-- ===== src/State/Rotate/Reading.antt =====
-- What the keys read of a binding record, and what a rewriting of its credentials keeps.
use osb_opengauss_go.Prelude.{◌≡◌, refl, sym, ◌∙◌, ◌⊎◌, inl, inr, Text}
use osb_opengauss_go.Result.{Fault, ok, err, ok-injective}
use osb_opengauss_go.Base64
use osb_opengauss_go.Base64.Bytes.{IsBytes, decode-IsBytes}
use osb_opengauss_go.Base64.RoundTrip.{decode-encode}
use osb_opengauss_go.Encrypt.{Encryptor}
use osb_opengauss_go.Encrypt.RoundTrip.{IsFaithful}
use osb_opengauss_go.State.{BindingRecord, Store}

abbrev pub with_credentials : Text → BindingRecord → BindingRecord
with_credentials text r = record r { credentials = text }

module _ {F I B R : Type 0} (store : Store F I B R) (previous : Encryptor R) where
  -- the current key reads the credentials, as `plain`
  pub record IsCurrent (r : BindingRecord) (plain : Text) : Type 0 where
    pub cipher : Text
    pub decoded : Base64.decode r.credentials ≡ ok cipher
    pub decrypted : store.encryptor.decrypt cipher ≡ ok plain

  -- only the previous key reads them
  pub record IsPrevious (r : BindingRecord) (plain : Text) : Type 0 where
    pub cipher : Text
    pub decoded : Base64.decode r.credentials ≡ ok cipher
    pub fault : Fault
    pub unread : store.encryptor.decrypt cipher ≡ err fault
    pub decrypted : previous.decrypt cipher ≡ ok plain

  -- one of the keys reads them, the current one if it can
  abbrev pub Reads : BindingRecord → Text → Type 0
  Reads r plain = IsCurrent r plain ⊎ IsPrevious r plain

  same_cipher :
      (r : BindingRecord) (c d : Text)
      → Base64.decode r.credentials ≡ ok c
      → Base64.decode r.credentials ≡ ok d
      → c ≡ d
  same_cipher r c d h k = ok-injective (sym h ∙ k)

  pub unique_Reads : (r : BindingRecord) (p q : Text) → Reads r p → Reads r q → p ≡ q
  unique_Reads r p q (inl a) (inl b) = cc
  unique_Reads r p q (inl a) (inr b) = cc
  unique_Reads r p q (inr a) (inl b) = cc
  unique_Reads r p q (inr a) (inr b) = cc

  -- The record `r'` has the credentials of `r`, under one of the keys, and all else alike; what the
  -- current key could read it can read still.
  pub record Keeps (r r' : BindingRecord) : Type 0 where
    pub others : r' ≡ with_credentials r'.credentials r
    pub reads : (plain : Text) → Reads r plain → Reads r' plain
    pub current : (plain : Text) → IsCurrent r plain → IsCurrent r' plain

  pub self_Keeps : (r : BindingRecord) → Keeps r r
  self_Keeps r = record { others = refl; reads = λ p h. h; current = λ p h. h }

-- What the rotation relies on: the current encryptor reads what it has written, and the encryptors
-- turn bytes into bytes.
pub record IsRotatable {F I B R : Type 0} (store : Store F I B R) (previous : Encryptor R)
    : Type 0 where
  pub faithful : IsFaithful store.encryptor
  pub bytes-encrypt :
      (plain cipher : Text) (r : R)
      → IsBytes plain
      → (store.encryptor.encrypt plain r).0 ≡ ok cipher
      → IsBytes cipher
  pub bytes-decrypt :
      (plain cipher : Text) → IsBytes cipher → previous.decrypt cipher ≡ ok plain → IsBytes plain

module _ {F I B R : Type 0} (store : Store F I B R) (previous : Encryptor R)
    (rotatable : IsRotatable store previous) where
  -- the new credentials of a record that only the previous key could read
  pub moved-IsCurrent :
      (r y : BindingRecord) (plain cipher : Text) (s : R)
      → IsPrevious store previous r plain
      → (store.encryptor.encrypt plain s).0 ≡ ok cipher
      → IsCurrent store previous (with_credentials (Base64.encode cipher) y) plain
  moved-IsCurrent r y plain cipher s old encrypted = record {
    cipher = cipher;
    decoded = decode-encode cipher (
        rotatable.bytes-encrypt plain cipher s
          (rotatable.bytes-decrypt plain old.cipher
            (decode-IsBytes r.credentials old.cipher old.decoded) old.decrypted)
          encrypted);
    decrypted = rotatable.faithful.decrypt-encrypt s plain cipher encrypted;
  }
——————
Set down, exactly as they appear, the lines above from the first one to the line that holds "pub unread : store.encryptor.decrypt", both included, please, and no others.

-- ===== src/State/Rotate/Reading.antt =====
-- What the keys read of a binding record, and what a rewriting of its credentials keeps.
use osb_opengauss_go.Prelude.{◌≡◌, refl, sym, ◌∙◌, ◌⊎◌, inl, inr, Text}
use osb_opengauss_go.Result.{Fault, ok, err, ok-injective}
use osb_opengauss_go.Base64
use osb_opengauss_go.Base64.Bytes.{IsBytes, decode-IsBytes}
use osb_opengauss_go.Base64.RoundTrip.{decode-encode}
use osb_opengauss_go.Encrypt.{Encryptor}
use osb_opengauss_go.Encrypt.RoundTrip.{IsFaithful}
use osb_opengauss_go.State.{BindingRecord, Store}

abbrev pub with_credentials : Text → BindingRecord → BindingRecord
with_credentials text r = record r { credentials = text }

module _ {F I B R : Type 0} (store : Store F I B R) (previous : Encryptor R) where
  -- the current key reads the credentials, as `plain`
  pub record IsCurrent (r : BindingRecord) (plain : Text) : Type 0 where
    pub cipher : Text
    pub decoded : Base64.decode r.credentials ≡ ok cipher
    pub decrypted : store.encryptor.decrypt cipher ≡ ok plain

  -- only the previous key reads them
  pub record IsPrevious (r : BindingRecord) (plain : Text) : Type 0 where
    pub cipher : Text
    pub decoded : Base64.decode r.credentials ≡ ok cipher
    pub fault : Fault
    pub unread : store.encryptor.decrypt cipher ≡ err fault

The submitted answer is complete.